-- ===== src/MarketData/Aggregation.antt =====
-- packages/market_data/aggregation.py: the aggregation of what is available.
pub mod Members
pub mod Known
mod Tests
use mytradingsystem.Base.{
  List, ℕ, ℤ, Bool, Option, map, ◌-◌, DateTime, Result, [], all, any, false, if◌then◌else◌, leb,
  none, not, some, true, ◌&&◌, ◌+◌, ◌∷◌, is_some, length, ltb, max, ◌%◌, ◌==◌, ◌||◌, err, ok, ◌*◌,
  ◌/◌, ◌>>=◌, ◌>>◌, min, raise_if, second, ◌++◌, is_naive, instant,
}
use mytradingsystem.Domain.{Candle}
use mytradingsystem.MarketData.Grouping.{
  Zone, MarketSession, Timeframe, nse_close, session_on, AggregateError, nse_open, seconds_in,
  day_1, week_1, combine, filled, by_time, is_contiguous, is_nse, mixed_instruments, not_daily,
  uncovered_week, mixed_timeframes, naive_cutoff, not_nse, duplicate_date, not_a_multiple,
  date_mismatch,
}

-- A session's opening and closing.
pub record Hours : Type 0 where
  pub opening : ℕ
  pub closing : ℕ

module _ (z : Zone) where
  -- `_session_lookup`; the weekly loop over the sessions makes the same tests.
  unfoldable pub session_lookup :
      List MarketSession → List MarketSession → Result AggregateError (List MarketSession)
  session_lookup [] calendar = ok calendar
  session_lookup (s ∷ ss) calendar = do
    raise_if (not (is_nse s.session_exchange)) not_nse
    raise_if (is_some (session_on s.session_date calendar)) duplicate_date
    raise_if (not (z.local_date s.opens_at == s.session_date)) date_mismatch
    session_lookup ss (calendar ++ s ∷ [])

  abbrev pub calendar_of :
      Option (List MarketSession) → Result AggregateError (Option (List MarketSession))
  calendar_of none = ok none
  calendar_of (some ss) = session_lookup ss [] >>= λ calendar. ok (some calendar)

  -- `local_date in calendar`
  abbrev pub listed : ℕ → Option (List MarketSession) → Option MarketSession
  listed date none = none
  listed date (some calendar) = session_on date calendar

  abbrev pub close_of : ℕ → Option MarketSession → ℕ
  close_of date none = z.combine_time date nse_close
  close_of date (some s) = s.closes_at

  -- `_source_available_at`
  unfoldable pub source_available_at : ℕ → Option (List MarketSession) → Candle → ℕ
  source_available_at timeframe calendar c =
      let date = z.local_date c.timestamp in
      if timeframe == seconds_in day_1
      then close_of date (listed date calendar)
      else c.timestamp + timeframe * second

  abbrev pub candle_available_at : Candle → ℕ
  candle_available_at c = source_available_at c.timeframe_seconds none c

  abbrev pub is_available : ℕ → ℕ → Option (List MarketSession) → Candle → Bool
  is_available cutoff base calendar c =
      c.is_closed && leb (source_available_at base calendar c) cutoff

  abbrev pub hours : ℕ → Option MarketSession → Option Hours
  hours date none =
      some
        (record { opening = z.combine_time date nse_open; closing = z.combine_time date nse_close })
  hours date (some s) =
      if s.is_trading_day
      then some (record { opening = s.opens_at; closing = s.closes_at })
      else none

  abbrev pub bucket_in : Timeframe → ℕ → Option Hours → Option ℕ
  bucket_in target t none = none
  bucket_in target t (some h) =
      let size = seconds_in target * second in
      if not (leb h.opening t && ltb t h.closing)
      then none
      else if seconds_in target == seconds_in day_1
      then some h.opening
      else some (h.opening + ((t - h.opening) / size) * size)

  abbrev pub bucket_of : Timeframe → Option (List MarketSession) → Candle → Option ℕ
  bucket_of target calendar c =
      let date = z.local_date c.timestamp in
      bucket_in target c.timestamp (hours date (listed date calendar))

  abbrev pub placed : Option ℕ → Candle → List (ℕ × Candle) → List (ℕ × Candle)
  placed none c rest = rest
  placed (some bucket) c rest = (bucket, c) ∷ rest

  -- The loop over the available candles, with their buckets.
  abbrev pub bucketed : Timeframe → Option (List MarketSession) → List Candle → List (ℕ × Candle)
  bucketed target calendar [] = []
  bucketed target calendar (c ∷ cs) =
      placed (bucket_of target calendar c) c (bucketed target calendar cs)

  abbrev pub bucket_end : Timeframe → Option (List MarketSession) → ℕ → ℕ
  bucket_end target calendar bucket =
      let date = z.local_date bucket in
      let closing = close_of date (listed date calendar) in
      if seconds_in target == seconds_in day_1
      then closing
      else min (bucket + seconds_in target * second) closing

  abbrev pub is_complete : Timeframe → ℕ → ℕ → Option (List MarketSession) → ℕ → List Candle → Bool
  is_complete target base cutoff calendar bucket members =
      let end = bucket_end target calendar bucket in
      leb end cutoff
      && length members == ((end - bucket) / second) / base
      && is_contiguous base (by_time members)

  -- Where a group is complete, the output's time.
  abbrev pub bucket_start :
      Timeframe
      → ℕ
      → ℕ
      → Option (List MarketSession)
      → ℕ
      → List Candle
      → Result AggregateError (Option ℕ)
  bucket_start target base cutoff calendar bucket members =
      ok (if is_complete target base cutoff calendar bucket members then some bucket else none)

  -- `date - timedelta(days=date.weekday())`
  abbrev pub monday_of : ℕ → ℕ
  monday_of date = date - (date + 6) % 7

  abbrev pub by_week : List Candle → List (ℕ × Candle)
  by_week cs = map {B = ℕ × Candle} (λ c. (monday_of (z.local_date c.timestamp), c)) cs

  abbrev pub dates_of : List Candle → List ℕ
  dates_of cs = map (λ c. z.local_date c.timestamp) cs

  abbrev pub is_date : ℕ → List ℕ → Bool
  is_date d ds = any (λ e. e == d) ds

  abbrev pub has_repeat : List ℕ → Bool
  has_repeat [] = false
  has_repeat (d ∷ ds) = is_date d ds || has_repeat ds

  abbrev pub trading_in : ℕ → List MarketSession → List MarketSession
  trading_in monday [] = []
  trading_in monday (s ∷ ss) =
      let rest = trading_in monday ss in
      if leb monday s.session_date && ltb s.session_date (monday + 7) && s.is_trading_day
      then s ∷ rest
      else rest

  abbrev pub opens_with : List MarketSession → Candle → Bool
  opens_with trading c = elim (session_on (z.local_date c.timestamp) trading) [
    | none ↦ true
    | some s ↦ c.timestamp == s.opens_at
  ]

  abbrev pub is_full_week : List MarketSession → List Candle → Bool
  is_full_week trading members =
      let dates = dates_of members in
      not (has_repeat dates)
      && all (λ d. is_some (session_on d trading)) dates
      && all (λ s. is_date s.session_date dates) trading
      && all (opens_with trading) members

  abbrev pub latest_close : ℕ → List MarketSession → ℕ
  latest_close t [] = t
  latest_close t (s ∷ ss) = latest_close (max t s.closes_at) ss

  abbrev pub closes_by : ℕ → List MarketSession → ℕ
  closes_by cutoff [] = cutoff
  closes_by cutoff (s ∷ ss) = latest_close s.closes_at ss

  abbrev pub start_if : Bool → List Candle → Option ℕ
  start_if complete [] = none
  start_if complete (c ∷ cs) = if complete then some c.timestamp else none

  abbrev pub covers_week : List MarketSession → ℕ → Bool
  covers_week calendar monday =
      all (λ k. is_some (session_on (monday + k) calendar)) (0 ∷ 1 ∷ 2 ∷ 3 ∷ 4 ∷ [])

  abbrev pub week_start :
      ℕ → Option (List MarketSession) → ℕ → List Candle → Result AggregateError (Option ℕ)
  week_start cutoff none monday members =
      let closing = z.combine_time (monday + 4) nse_close in
      ok (start_if (length members == 5 && leb closing cutoff) members)
  week_start cutoff (some calendar) monday members =
      let trading = trading_in monday calendar in
      let complete = is_full_week trading members && leb (closes_by cutoff trading) cutoff in
      raise_if (not (covers_week calendar monday)) uncovered_week >> ok (start_if complete members)

  abbrev pub output_at : Timeframe → Option ℕ → List Candle → Result AggregateError (List Candle)
  output_at target none members = ok []
  output_at target (some start) members = combine start (seconds_in target) (by_time members)

  -- The loop over the groups.
  unfoldable pub outputs :
      Timeframe
      → (ℕ → List Candle → Result AggregateError (Option ℕ))
      → List (ℕ × List Candle)
      → Result AggregateError (List Candle)
  outputs target start [] = ok []
  outputs target start ((key, members) ∷ rest) = do
    from ← start key members
    first ← output_at target from members
    later ← outputs target start rest
    ok (first ++ later)

  abbrev pub available : ℕ → ℕ → Option (List MarketSession) → List Candle → List Candle
  available cutoff base calendar [] = []
  available cutoff base calendar (c ∷ cs) =
      let rest = available cutoff base calendar cs in
      if is_available cutoff base calendar c then c ∷ rest else rest

  abbrev pub is_daily : List Candle → Bool
  is_daily [] = false
  is_daily (c ∷ cs) = c.timeframe_seconds == seconds_in day_1

  -- `_aggregate_weekly`; the sessions have passed its tests, which are those of the lookup.
  unfoldable pub aggregate_weekly :
      ℕ → Option (List MarketSession) → List Candle → Result AggregateError (List Candle)
  aggregate_weekly cutoff calendar cs = do
    raise_if (not (is_daily cs)) not_daily
    outputs week_1 (week_start cutoff calendar) (filled (by_week cs) [])

  -- From the available candles on.
  abbrev pub aggregate_available :
      Timeframe
      → ℕ
      → ℕ
      → Option (List MarketSession)
      → List Candle
      → Result AggregateError (List Candle)
  aggregate_available target base cutoff calendar cs =
      if seconds_in target == seconds_in week_1
      then aggregate_weekly cutoff calendar cs
      else outputs target (bucket_start target base cutoff calendar)
          (filled (bucketed target calendar cs) [])

  abbrev pub aggregate_sorted :
      Timeframe
      → ℕ
      → Option (List MarketSession)
      → List Candle
      → Result AggregateError (List Candle)
  aggregate_sorted target cutoff sessions [] = ok []
  aggregate_sorted target cutoff sessions (c ∷ cs) =
      let base = c.timeframe_seconds in
      let size = seconds_in target in
      do
        raise_if (any (λ d. not (d.instrument_id == c.instrument_id)) (c ∷ cs)) mixed_instruments
        raise_if (any (λ d. not (d.timeframe_seconds == base)) (c ∷ cs)) mixed_timeframes
        raise_if (leb size base || not (size % base == 0)) not_a_multiple
        calendar ← calendar_of sessions
        aggregate_available target base cutoff calendar (available cutoff base calendar (c ∷ cs))

  unfoldable pub aggregate_closed_candles :
      List Candle
      → Timeframe
      → DateTime
      → Option (List MarketSession)
      → Result AggregateError (List Candle)
  aggregate_closed_candles cs target as_of sessions = do
    raise_if (is_naive as_of) naive_cutoff
    aggregate_sorted target (instant as_of) sessions (by_time cs)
+++
◆ Task directions
What lines in the listing contain "unfoldable"? Copy them all.

◆ Solution below
  unfoldable pub session_lookup :
  unfoldable pub source_available_at : ℕ → Option (List MarketSession) → Candle → ℕ
  unfoldable pub outputs :
  unfoldable pub aggregate_weekly :
  unfoldable pub aggregate_closed_candles :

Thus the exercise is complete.